#### WHAT THE TASK ASKS:
Two lines in the data below mark the range: the one with "let meta : MetaData = meta_data_ulong_small_ulong" and the one with "room for nine". Return both, along with every line between them, exactly.

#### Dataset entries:
::::::::

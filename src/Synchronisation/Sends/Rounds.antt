-- ===== src/Synchronisation/Sends/Rounds.antt =====
-- The commands that a worker is answered with, from one round of the reconciler to the answer.
-- Job Proc
use agentbeacon.Synchronisation.Sends.{
  Gives, OfResult, Tried, Gives-bind, Gives-done, Gives-then, OfClaim, OfSweep, Triple, Always,
  anything, Good, Gives-if, Recorded, reconcile_session-Gives, Triple-weaken,
}
use agentbeacon.Synchronisation.Global.{
  claim_from, run_for, run_for_others, run_reconciler_for_worker, run_without, claim, command_in,
}
use agentbeacon.Reconciler.Cascade.{Job}
use agentbeacon.Tables.{Db, Session}
use agentbeacon.Synchronisation.Rounds.{
  Seen, ends, pass, passes, report_sweep, run_for_held, run_reconciler_for_session, sweep, visit,
  visits, ReconcilerResult, Sweep, note_any, nothing_seen, after_action, after_sweep, over,
  pass_again, sent,
}
use agentbeacon.Reconciler.History.Steps.{ReadsOnly}
use agentbeacon.Reconciler.Commands.{ReconcilerAction, CommandAction}
use agentbeacon.Synchronisation.Requests.{Server, holds}
use agentbeacon.Base.{
  Option, String, Bool, List, ℕ, false, if◌then◌else◌, suc, true, some, zero, none, ◌∷◌, [],
}

noted :
    (a : Option (Option ReconcilerAction)) (x : Seen) (d : Db)
    → Tried a d
    → OfSweep (note_any a x) d
noted none x d h = tt
noted (some none) x d h = tt
noted (some (some (ReconcilerAction.send_command t a))) x d h = h
noted (some (some ReconcilerAction.no_action)) x d h = tt
noted (some (some ReconcilerAction.pending_command)) x d h = tt
noted (some (some ReconcilerAction.repaired)) x d h = tt
noted (some (some ReconcilerAction.mutated)) x d h = tt

module _ (server : Server) (reads : ReadsOnly server.composer) (w : String) where
  after_sweep-Gives :
      (f : Seen → Job Sweep) (s : Sweep)
      → ((x : Seen) → Gives OfSweep (f x))
      → Triple anything (OfSweep s) (after_sweep server w f s) (Good OfSweep)
  after_sweep-Gives f (sent t a) k = Gives-done (Recorded t a) OfSweep (sent t a) (λ d h. h)
  after_sweep-Gives f (over x) k = k x

  sweep-Gives : (ss : List Session) (x : Seen) → Gives OfSweep (sweep server w ss x)
  unfolding sweep
  sweep-Gives [] x = Gives-done Always OfSweep (over x) (λ d h. tt)
  sweep-Gives (s ∷ ss) x =
      Gives-bind Tried OfSweep _ _ (reconcile_session-Gives server reads w true (some w) s) (λ a.
        Triple-weaken anything (OfSweep (note_any a x)) (Tried a) _ (Good OfSweep) (Good OfSweep)
          (noted a x) (λ r d h. h)
          (after_sweep-Gives (sweep server w ss) (note_any a x) (sweep-Gives ss)))

  pass-Gives :
      (f : Seen → Job Sweep) (ss : Option (List Session)) (x : Seen)
      → ((x : Seen) → Gives OfSweep (f x))
      → Gives OfSweep (pass server w f ss x)
  unfolding pass
  pass-Gives f none x k = Gives-done Always OfSweep (over x) (λ d h. tt)
  pass-Gives f (some ss) x k = Gives-bind OfSweep OfSweep _ _ (sweep-Gives ss _) (λ r.
      after_sweep-Gives (pass_again server w f) r (λ y.
        Gives-if OfSweep y.any_repaired _ _ (k y) (Gives-done Always OfSweep (over y) (λ d h. tt))))

  passes-Gives : (n : ℕ) (x : Seen) → Gives OfSweep (passes server w n x)
  unfolding passes
  passes-Gives zero x = Gives-done Always OfSweep (over x) (λ d h. tt)
  passes-Gives (suc n) x =
      Gives-then OfSweep _ _ (λ ss. pass-Gives (passes server w n) ss x (passes-Gives n))

  no_command :
      (b : Bool) (d : Db)
      → OfResult (if b then ReconcilerResult.pending_command else ReconcilerResult.no_action) d
  no_command true d = tt
  no_command false d = tt

  report_sweep-Gives :
      (s : Sweep) → Triple anything (OfSweep s) (report_sweep server w s) (Good OfResult)
  unfolding report_sweep
  report_sweep-Gives (sent t a) =
      Gives-done (Recorded t a) OfResult (ReconcilerResult.command t a) (λ d h. h)
  report_sweep-Gives (over x) =
      Gives-then OfResult _ _
        (λ u. Gives-done Always OfResult _ (λ d h. no_command x.has_pending_command d))

  run_for_held-Gives : Gives OfResult (run_for_held server w)
  unfolding run_for_held
  run_for_held-Gives =
      Gives-bind OfSweep OfResult _ _ (passes-Gives 2 nothing_seen) report_sweep-Gives

  ends-Gives : (b : Bool) → Gives OfResult (ends server w b)
  unfolding ends
  ends-Gives b = Gives-then OfResult _ _ (λ u. Gives-done Always OfResult _ (λ d h. tt))

  after_action-Gives :
      (p : Job ReconcilerResult) (b : Bool) (a : Option (Option ReconcilerAction))
      → Gives OfResult p
      → Triple anything (Tried a) (after_action server w p b a) (Good OfResult)
  after_action-Gives p b none k = Gives-done Always OfResult _ (λ d h. tt)
  after_action-Gives p b (some none) k = ends-Gives b
  after_action-Gives p b (some (some (ReconcilerAction.send_command t a))) k =
      Gives-done (Recorded t a) OfResult (ReconcilerResult.command t a) (λ d h. h)
  after_action-Gives p b (some (some ReconcilerAction.pending_command)) k =
      Gives-done Always OfResult _ (λ d h. tt)
  after_action-Gives p b (some (some ReconcilerAction.repaired)) k = k
  after_action-Gives p b (some (some ReconcilerAction.mutated)) k = ends-Gives true
  after_action-Gives p b (some (some ReconcilerAction.no_action)) k = ends-Gives b

  visit-Gives :
      (p : Job ReconcilerResult) (b : Bool) (s : Option Session)
      → Gives OfResult p
      → Gives OfResult (visit server w p b s)
  unfolding visit
  visit-Gives p b none k = Gives-done Always OfResult _ (λ d h. tt)
  visit-Gives p b (some s) k =
      Gives-if OfResult (holds w s) _ _
        (Gives-bind Tried OfResult _ _ (reconcile_session-Gives server reads w true (some w) s)
          (λ a. after_action-Gives p b a k))
        (Gives-done Always OfResult _ (λ d h. tt))

  visits-Gives : (n : ℕ) (id : String) (b : Bool) → Gives OfResult (visits server w n id b)
  unfolding visits
  visits-Gives zero id b = ends-Gives b
  visits-Gives (suc n) id b =
      Gives-then OfResult _ _
        (λ s. visit-Gives (visits server w n id true) b s (visits-Gives n id true))

  pub run_reconciler_for_session-Gives :
      (id : String) → Gives OfResult (run_reconciler_for_session server w id)
  unfolding run_reconciler_for_session
  run_reconciler_for_session-Gives id = visits-Gives 2 id false

  claimed :
      (a : Option (Option ReconcilerAction)) (d : Db)
      → Tried a d
      → OfClaim (command_in server w a) d
  claimed none d h = tt
  claimed (some none) d h = tt
  claimed (some (some (ReconcilerAction.send_command t a))) d h = h
  claimed (some (some ReconcilerAction.no_action)) d h = tt
  claimed (some (some ReconcilerAction.pending_command)) d h = tt
  claimed (some (some ReconcilerAction.repaired)) d h = tt
  claimed (some (some ReconcilerAction.mutated)) d h = tt

  claim_from-Gives : (s : Option (Option Session)) → Gives OfClaim (claim_from server w s)
  unfolding claim_from
  claim_from-Gives none = Gives-done Always OfClaim none (λ d h. tt)
  claim_from-Gives (some none) = Gives-done Always OfClaim none (λ d h. tt)
  claim_from-Gives (some (some s)) =
      Gives-bind Tried OfClaim _ _ (reconcile_session-Gives server reads w true (some w) s)
        (λ a. Gives-done (Tried a) OfClaim (command_in server w a) (claimed a))

  no_result :
      (b : Bool) (d : Db)
      → OfResult (if b then ReconcilerResult.no_action else ReconcilerResult.nothing_found) d
  no_result true d = tt
  no_result false d = tt

  run_for_others-Gives : Gives OfResult (run_for_others server w)
  unfolding run_for_others
  run_for_others-Gives = Gives-then OfResult _ _ λ ss.
      Gives-then OfResult _ _
        λ m. Gives-then OfResult _ _ (λ u. Gives-done Always OfResult _ (λ d h. no_result m d))

  run_without-Gives :
      (c : Option (String × CommandAction))
      → Triple anything (OfClaim c) (run_without server w c) (Good OfResult)
  unfolding run_without
  run_without-Gives none = run_for_others-Gives
  run_without-Gives (some (t, a)) =
      Gives-done (Recorded t a) OfResult (ReconcilerResult.command t a) (λ d h. h)

  run_for-Gives : (ss : Option (List Session)) → Gives OfResult (run_for server w ss)
  unfolding run_for claim
  run_for-Gives none = Gives-done Always OfResult _ (λ d h. tt)
  run_for-Gives (some []) =
      Gives-bind OfClaim OfResult _ _ (Gives-then OfClaim _ _ claim_from-Gives) run_without-Gives
  run_for-Gives (some (s ∷ ss)) = run_for_held-Gives

  pub run_reconciler_for_worker-Gives : Gives OfResult (run_reconciler_for_worker server w)
  unfolding run_reconciler_for_worker
  run_reconciler_for_worker-Gives = Gives-then OfResult _ _ run_for-Gives
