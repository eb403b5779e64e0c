-- ===== src/Synchronisation/Handler.antt =====
-- scheduler/src/api/handlers/worker_sync.rs: `process_executor_report` and `worker_sync`.
-- Job Proc
use agentbeacon.Transition.Actions.{Action}
use agentbeacon.Tx.{database}
use agentbeacon.Procedures.{done, ◌>>=◌, ◌>>◌, map_raise, kill_worker}
use agentbeacon.Transition.Executor.{CrashMeta}
use agentbeacon.Tables.{Session, ExState, is_terminate, ex_state_text}
use agentbeacon.Synchronisation.Requests.{ExecutorReport, caught, TurnResult, holds}
use agentbeacon.Statements.{get_session}
use agentbeacon.Reconciler.Cascade.{run_transition, Job, fails, query, scheduler}
use agentbeacon.Statements.Sync.{update_agent_session_id}
use agentbeacon.Base.{
  Bool, String, true, Option, false, str_eq, is_some, none, if◌then◌else◌, some, ◌&&◌, not, ◌||◌,
}

abbrev pub parse_state : String → Option ExState
parse_state text =
    if str_eq text "running"
    then some ExState.running
    else if str_eq text "idle"
    then some ExState.idle
    else if str_eq text "crashed"
    then some ExState.crashed
    else none

-- What the stage of the executor's report came to.
pub record Reported : Type 0 where
  pub skip_reconciler : Bool
  pub executor_report_succeeded : Bool
  pub session_scoped_reconcile : Option String

abbrev pub skipping : Reported
skipping = record {
  skip_reconciler = true;
  executor_report_succeeded = false;
  session_scoped_reconcile = none;
}

unfoldable pub remember_agent_session : Session → Option String → String → Job (Unit {0})
unfolding update_agent_session_id
remember_agent_session session none worker_id = done tt
remember_agent_session session (some id) worker_id =
    query (update_agent_session_id session.id id worker_id)

unfoldable pub apply_report :
    Session → String → ExecutorReport → Option CrashMeta → Option ExState → Job Bool
unfolding remember_agent_session run_transition
apply_report session worker_id report crash_meta none = fails "unknown executor_state"
apply_report session worker_id report crash_meta (some state) = do
  remember_agent_session session report.agent_session_id worker_id
  map_raise (λ _. scheduler (database "transition failed"))
      (run_transition session.execution_id session.id
        (Action.set_executor_state state worker_id crash_meta))
  done true

unfoldable pub process_executor_report : String → ExecutorReport → Option CrashMeta → Job Bool
unfolding get_session apply_report
process_executor_report worker_id report crash_meta = do
  session ← query (get_session report.session_id)
  if holds worker_id session
      then apply_report session worker_id report crash_meta (parse_state report.executor_state)
      else (do kill_worker worker_id; done false)

abbrev is_crash : ExecutorReport → Bool
is_crash report = str_eq report.executor_state "crashed"

abbrev crash_meta_of : ExecutorReport → Option TurnResult → Option CrashMeta
crash_meta_of report none = none
crash_meta_of report (some result) =
    if is_crash report && str_eq result.session_id report.session_id
    then some
        (record { error = result.error; error_kind = result.error_kind; stderr = result.stderr })
    else none

-- The session does not stand as the report that failed says.
abbrev disagrees : String → ExecutorReport → Session → Bool
disagrees worker_id report s =
    (is_some s.outcome && not (is_terminate s.desired))
    || not (str_eq (ex_state_text s.executor_state) report.executor_state)
    || not (holds worker_id s)

unfoldable pub after_failed_report : String → ExecutorReport → Option Session → Job Reported
after_failed_report worker_id report none = done skipping
after_failed_report worker_id report (some session) =
    if disagrees worker_id report session
    then (do (if holds worker_id session then done tt else kill_worker worker_id); done skipping)
    else done (record {
      skip_reconciler = false;
      executor_report_succeeded = false;
      session_scoped_reconcile = some report.session_id;
    })

unfoldable pub after_report : String → ExecutorReport → Option Bool → Job Reported
unfolding caught get_session after_failed_report
after_report worker_id report (some applied) = done (record {
  skip_reconciler = not applied || is_crash report;
  executor_report_succeeded = applied;
  session_scoped_reconcile = none;
})
after_report worker_id report none = if is_crash report then done skipping else do
  session ← caught (query (get_session report.session_id))
  after_failed_report worker_id report session

unfoldable pub take_report : String → Option ExecutorReport → Option TurnResult → Job Reported
unfolding caught process_executor_report after_report
take_report worker_id none turn_result = done (record {
  skip_reconciler = false;
  executor_report_succeeded = false;
  session_scoped_reconcile = none;
})
take_report worker_id (some report) turn_result = do
  applied ← caught (process_executor_report worker_id report (crash_meta_of report turn_result))
  after_report worker_id report applied
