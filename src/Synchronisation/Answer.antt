-- ===== src/Synchronisation/Answer.antt =====
-- scheduler/src/api/handlers/worker_sync.rs: `worker_sync`, from the request to the answer.
-- Job Proc
use agentbeacon.Base.{true}
use agentbeacon.Synchronisation.Intake.{take_result_if_any, needs_result_tx}
use agentbeacon.Procedures.{done, ◌>>=◌, ◌>>◌, heartbeat, broadcast}
use agentbeacon.Synchronisation.Handler.{take_report}
use agentbeacon.Synchronisation.Global.{run_reconciler_for_worker}
use agentbeacon.Reconciler.Cascade.{Job, query}
use agentbeacon.Statements.{get_session}
use agentbeacon.Tables.{Session}
use agentbeacon.Synchronisation.Rounds.{ReconcilerResult, run_reconciler_for_session, wake_if}
use agentbeacon.Synchronisation.Requests.{
  Server, caught, WorkerSyncRequest, WorkerSyncResponse, command, ExecutorReport, no_action,
}
use agentbeacon.Base.{Option, Bool, String, if◌then◌else◌, some, ◌==◌, none, ◌||◌, pos}

unfoldable pub announce_session : Option Session → Job (Unit {0})
announce_session none = done tt
announce_session (some session) = broadcast session.execution_id (pos 0)

-- A report without a result.
unfoldable pub announce_report : Bool → Option Session → Option ExecutorReport → Job (Unit {0})
unfolding caught get_session announce_session
announce_report true none (some report) = do
  session ← caught (query (get_session report.session_id))
  announce_session session
announce_report _ _ _ = done tt

abbrev pub answer_of : ReconcilerResult → WorkerSyncResponse
answer_of (ReconcilerResult.command token action) = command token action
answer_of _ = no_action

module _ (server : Server) (req : WorkerSyncRequest) where
  -- The reconciler once more, after the waiters of the queue were woken or the time is over.
  unfoldable pub wait : Job WorkerSyncResponse
  unfolding run_reconciler_for_worker
  wait = do
    heartbeat req.worker_id
    last ← run_reconciler_for_worker server req.worker_id
    done (answer_of last)

  unfoldable pub answer_or_wait : ReconcilerResult → Job WorkerSyncResponse
  unfolding wait
  answer_or_wait (ReconcilerResult.command token action) = done (command token action)
  answer_or_wait ReconcilerResult.pending_command = done no_action
  answer_or_wait ReconcilerResult.no_action = wait
  answer_or_wait ReconcilerResult.nothing_found = wait

  unfoldable pub long_poll : Job WorkerSyncResponse
  unfolding run_reconciler_for_worker answer_or_wait
  long_poll =
      if server.long_poll_timeout_secs == 0
      then done no_action
      else do again ← run_reconciler_for_worker server req.worker_id; answer_or_wait again

  -- A request that brings a result or an acknowledgement does not wait.
  unfoldable pub answer_or_poll : ReconcilerResult → Job WorkerSyncResponse
  unfolding long_poll
  answer_or_poll (ReconcilerResult.command token action) = done (command token action)
  answer_or_poll ReconcilerResult.pending_command = done no_action
  answer_or_poll ReconcilerResult.no_action =
      if needs_result_tx server req then done no_action else long_poll
  answer_or_poll ReconcilerResult.nothing_found =
      if needs_result_tx server req then done no_action else long_poll

  unfoldable pub run_reconciler : Option String → Job WorkerSyncResponse
  unfolding run_reconciler_for_session run_reconciler_for_worker answer_or_poll
  run_reconciler (some session_id) = do
    result ← run_reconciler_for_session server req.worker_id session_id
    done (answer_of result)
  run_reconciler none = do
    result ← run_reconciler_for_worker server req.worker_id
    answer_or_poll result

  unfoldable pub worker_sync : Job WorkerSyncResponse
  unfolding take_report take_result_if_any announce_report wake_if run_reconciler
  worker_sync = do
    heartbeat req.worker_id
    reported ← take_report req.worker_id req.executor_report req.turn_result
    outcomes ← take_result_if_any server req
    announce_report reported.executor_report_succeeded outcomes.turn_result_session
        req.executor_report
    wake_if (needs_result_tx server req)
    if reported.skip_reconciler || outcomes.skip_reconciler || outcomes.was_terminal_cancel
        then done no_action
        else run_reconciler reported.session_scoped_reconcile
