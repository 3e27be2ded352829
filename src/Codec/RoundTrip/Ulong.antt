-- ===== src/Codec/RoundTrip/Ulong.antt =====
-- `ulong`: `amqp_encode_ulong` and the decoders of its three encodings.
use libamqp.Prelude.{
  ℕ, ◌+◌, ◌%◌, ◌^◌, ◌≤◌, ◌<◌, ◌≡◌, refl, false, List, [], ◌∷◌, ltb, ◌==◌, if◌then◌else◌, arith, All,
}
use mathlib.Core.Path.{subst}
use libamqp.Buffer.Bytes.{Holds, IsByte}
use libamqp.Buffer.Words.{bytes_64, bytes_64-IsByte, hton_64-append}
use libamqp.Codec.MetaData.{MetaData}
use libamqp.Codec.MetaData.Search.{find_code, type_meta_data_lookup_lem}
use libamqp.Codec.MetaData.Table.{
  meta_data_ulong_ulong0, meta_data_ulong_small_ulong, meta_data_ulong,
}
use libamqp.Codec.State.{State, ◌>>=◌, type_is_invalid}
use libamqp.Codec.State.Hoare.{Returns}
use libamqp.Codec.Decode.Fixed.{fixed_zero_width, fixed_width, ulong0, small_ulong}
use libamqp.Codec.Decode.Run.{run_decoder, amqp_decode}
use libamqp.Codec.Encode.Fixed.{
  encode_fixed_eight_byte, encode_ulong, encode_ulong0, encode_small_ulong,
}
use libamqp.Codec.RoundTrip.Reading.{started}
use libamqp.Codec.RoundTrip.Storing.{fixed_zero_width-Stored, then_store-Stored}
use libamqp.Codec.RoundTrip.Writing.{Wrote, HasRoom, encode_fixed-Wrote, then_put-Wrote}
use libamqp.Codec.RoundTrip.Scalar.{Got, scalar_read, round_trip}
use libamqp.Codec.RoundTrip.Words.{fixed_one, fixed_eight}
use libamqp.Codec.RoundTrip.Cases.{choose-Wrote, Decodes, if_cases, byte_value, one_byte-Wrote}

-- The bytes of an unsigned integer on the wire.
abbrev pub wire_ulong : ℕ → List ℕ
wire_ulong v = if v == 0 then 0x44 ∷ [] else if ltb v 255 then 0x53 ∷ v ∷ [] else 0x80 ∷ bytes_64 v

encode_ulong-Wrote :
    (v : ℕ) (s : State)
    → s.container ≡ 0
    → 0 < s.next_type
    → HasRoom s 9
    → Returns (encode_ulong v s) (Wrote s (wire_ulong v))
unfolding encode_ulong encode_ulong0 encode_small_ulong encode_fixed_eight_byte
encode_ulong-Wrote v s c z h =
    choose-Wrote (v == 0) (ltb v 255) encode_ulong0 (encode_small_ulong v)
      (encode_fixed_eight_byte meta_data_ulong v) (0x44 ∷ []) (0x53 ∷ v ∷ []) (0x80 ∷ bytes_64 v) s
      (λ _. encode_fixed-Wrote meta_data_ulong_ulong0 s c (λ x. refl) (omega (arith, h.0), h.1))
      (λ _ r. byte_value v s 0x53 (encode_small_ulong v) (ground arith) (
        one_byte-Wrote meta_data_ulong_small_ulong (v % 2 ^ 8) s c z (λ x. refl)
          (omega (arith, h.0), h.1)))
      (λ _ _.
        then_put-Wrote meta_data_ulong _ (bytes_64 v) s c z (λ x. refl) h (λ b. hton_64-append b v))

ulong0-Got :
    (s : State)
    → s.buffer.index < s.buffer.size
    → Holds s.buffer s.buffer.index (0x44 ∷ [])
    → Returns (amqp_decode s) (Got s 1 (λ w. w ≡ 0))
unfolding run_decoder ulong0 find_code
ulong0-Got s h hs =
    let meta : MetaData = meta_data_ulong_ulong0 in
    scalar_read 0x44 meta s 0 _ (λ w. w ≡ 0) h hs.0 (type_meta_data_lookup_lem 0x44) refl
      (then_store-Stored (fixed_zero_width s.next_type) s.next_type 0 _ (λ w. 0)
        (started meta 0x44 s) (fixed_zero_width-Stored s.next_type (started meta 0x44 s)))
      (omega arith)

small_ulong-Got :
    (v : ℕ) (s : State)
    → v < 2 ^ 8
    → s.buffer.index + 2 ≤ s.buffer.size
    → Holds s.buffer s.buffer.index (0x53 ∷ v ∷ [])
    → Returns (amqp_decode s) (Got s 2 (λ w. w ≡ v))
unfolding run_decoder small_ulong find_code
small_ulong-Got v s b h (hc, hs) =
    let meta : MetaData = meta_data_ulong_small_ulong in
    scalar_read 0x53 meta s 1 _ (λ w. w ≡ v) (omega arith) hc (type_meta_data_lookup_lem 0x53) refl
      (then_store-Stored (fixed_width meta s.next_type) s.next_type 1 _ (λ w. w % 2 ^ 8)
        (started meta 0x53 s) (fixed_one 0x53 meta s v refl h hs))
      (omega arith)

ulong-Got :
    (v : ℕ) (s : State)
    → v < 2 ^ 64
    → s.buffer.index + 9 ≤ s.buffer.size
    → Holds s.buffer s.buffer.index (0x80 ∷ bytes_64 v)
    → Returns (amqp_decode s) (Got s 9 (λ w. w ≡ v))
unfolding run_decoder find_code
ulong-Got v s b h (hc, hs) =
    scalar_read 0x80 meta_data_ulong s 8 _ (λ w. w ≡ v) (omega arith) hc
      (type_meta_data_lookup_lem 0x80) refl (fixed_eight 0x80 meta_data_ulong s v refl b h hs)
      (omega arith)

wire_ulong-Decodes : (v : ℕ) (s : State) → v < 2 ^ 64 → Decodes (wire_ulong v) (λ w. w ≡ v) s
wire_ulong-Decodes v s b =
    if_cases (v == 0) (λ l. Decodes l (λ w. w ≡ v) s)
      (λ q h hs.
        let e : 0 ≡ v = ground arith in
        subst (λ x. Returns (amqp_decode s) (Got s 1 (λ w. w ≡ x))) e
          (ulong0-Got s (omega arith) hs))
      (λ _.
        if_cases (ltb v 255) (λ l. Decodes l (λ w. w ≡ v) s)
          (λ q h hs. small_ulong-Got v s (ground arith) h hs) (λ _ h hs. ulong-Got v s b h hs))

wire_ulong-IsByte : (v : ℕ) → All IsByte (wire_ulong v)
wire_ulong-IsByte v =
    if_cases (v == 0) (All IsByte) (λ _. (omega arith, tt))
      (λ _.
        if_cases (ltb v 255) (All IsByte) (λ q. (omega arith, (ground arith, tt)))
          (λ _. (omega arith, bytes_64-IsByte v)))

-- `amqp_encode_ulong` and then `amqp_decode`, on a buffer with nothing left to read and room for nine
-- bytes, no container open: neither fails, the new object is valid and its `uint64_t` is the number
-- that was encoded, and everything that was written has been read.
-- The number has 64 bits, the next address is not null, and the capacity fits a `size_t`.
pub decode-encode_ulong :
    (v : ℕ) (s : State)
    → v < 2 ^ 64
    → s.container ≡ 0
    → 0 < s.next_type
    → HasRoom s 9
    → s.buffer.index ≡ s.buffer.size
    → Returns ((encode_ulong v >>= λ _. amqp_decode) s) (λ p t.
      ((t.types p).word ≡ v)
      × (type_is_invalid (t.types p) ≡ false)
      × (t.buffer.index ≡ t.buffer.size))
decode-encode_ulong v s b c z h i =
    round_trip (encode_ulong v) (wire_ulong v) s (λ w. w ≡ v) i (wire_ulong-IsByte v)
      (encode_ulong-Wrote v s c z h) (λ t r hs. wire_ulong-Decodes v t b r hs)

::::::::

#### ANSWER TO THIS EXERCISE:
    let meta : MetaData = meta_data_ulong_small_ulong in
    scalar_read 0x53 meta s 1 _ (λ w. w ≡ v) (omega arith) hc (type_meta_data_lookup_lem 0x53) refl
      (then_store-Stored (fixed_width meta s.next_type) s.next_type 1 _ (λ w. w % 2 ^ 8)
        (started meta 0x53 s) (fixed_one 0x53 meta s v refl h hs))
      (omega arith)

ulong-Got :
    (v : ℕ) (s : State)
    → v < 2 ^ 64
    → s.buffer.index + 9 ≤ s.buffer.size
    → Holds s.buffer s.buffer.index (0x80 ∷ bytes_64 v)
    → Returns (amqp_decode s) (Got s 9 (λ w. w ≡ v))
unfolding run_decoder find_code
ulong-Got v s b h (hc, hs) =
    scalar_read 0x80 meta_data_ulong s 8 _ (λ w. w ≡ v) (omega arith) hc
      (type_meta_data_lookup_lem 0x80) refl (fixed_eight 0x80 meta_data_ulong s v refl b h hs)
      (omega arith)

wire_ulong-Decodes : (v : ℕ) (s : State) → v < 2 ^ 64 → Decodes (wire_ulong v) (λ w. w ≡ v) s
wire_ulong-Decodes v s b =
    if_cases (v == 0) (λ l. Decodes l (λ w. w ≡ v) s)
      (λ q h hs.
        let e : 0 ≡ v = ground arith in
        subst (λ x. Returns (amqp_decode s) (Got s 1 (λ w. w ≡ x))) e
          (ulong0-Got s (omega arith) hs))
      (λ _.
        if_cases (ltb v 255) (λ l. Decodes l (λ w. w ≡ v) s)
          (λ q h hs. small_ulong-Got v s (ground arith) h hs) (λ _ h hs. ulong-Got v s b h hs))

wire_ulong-IsByte : (v : ℕ) → All IsByte (wire_ulong v)
wire_ulong-IsByte v =
    if_cases (v == 0) (All IsByte) (λ _. (omega arith, tt))
      (λ _.
        if_cases (ltb v 255) (All IsByte) (λ q. (omega arith, (ground arith, tt)))
          (λ _. (omega arith, bytes_64-IsByte v)))

-- `amqp_encode_ulong` and then `amqp_decode`, on a buffer with nothing left to read and room for nine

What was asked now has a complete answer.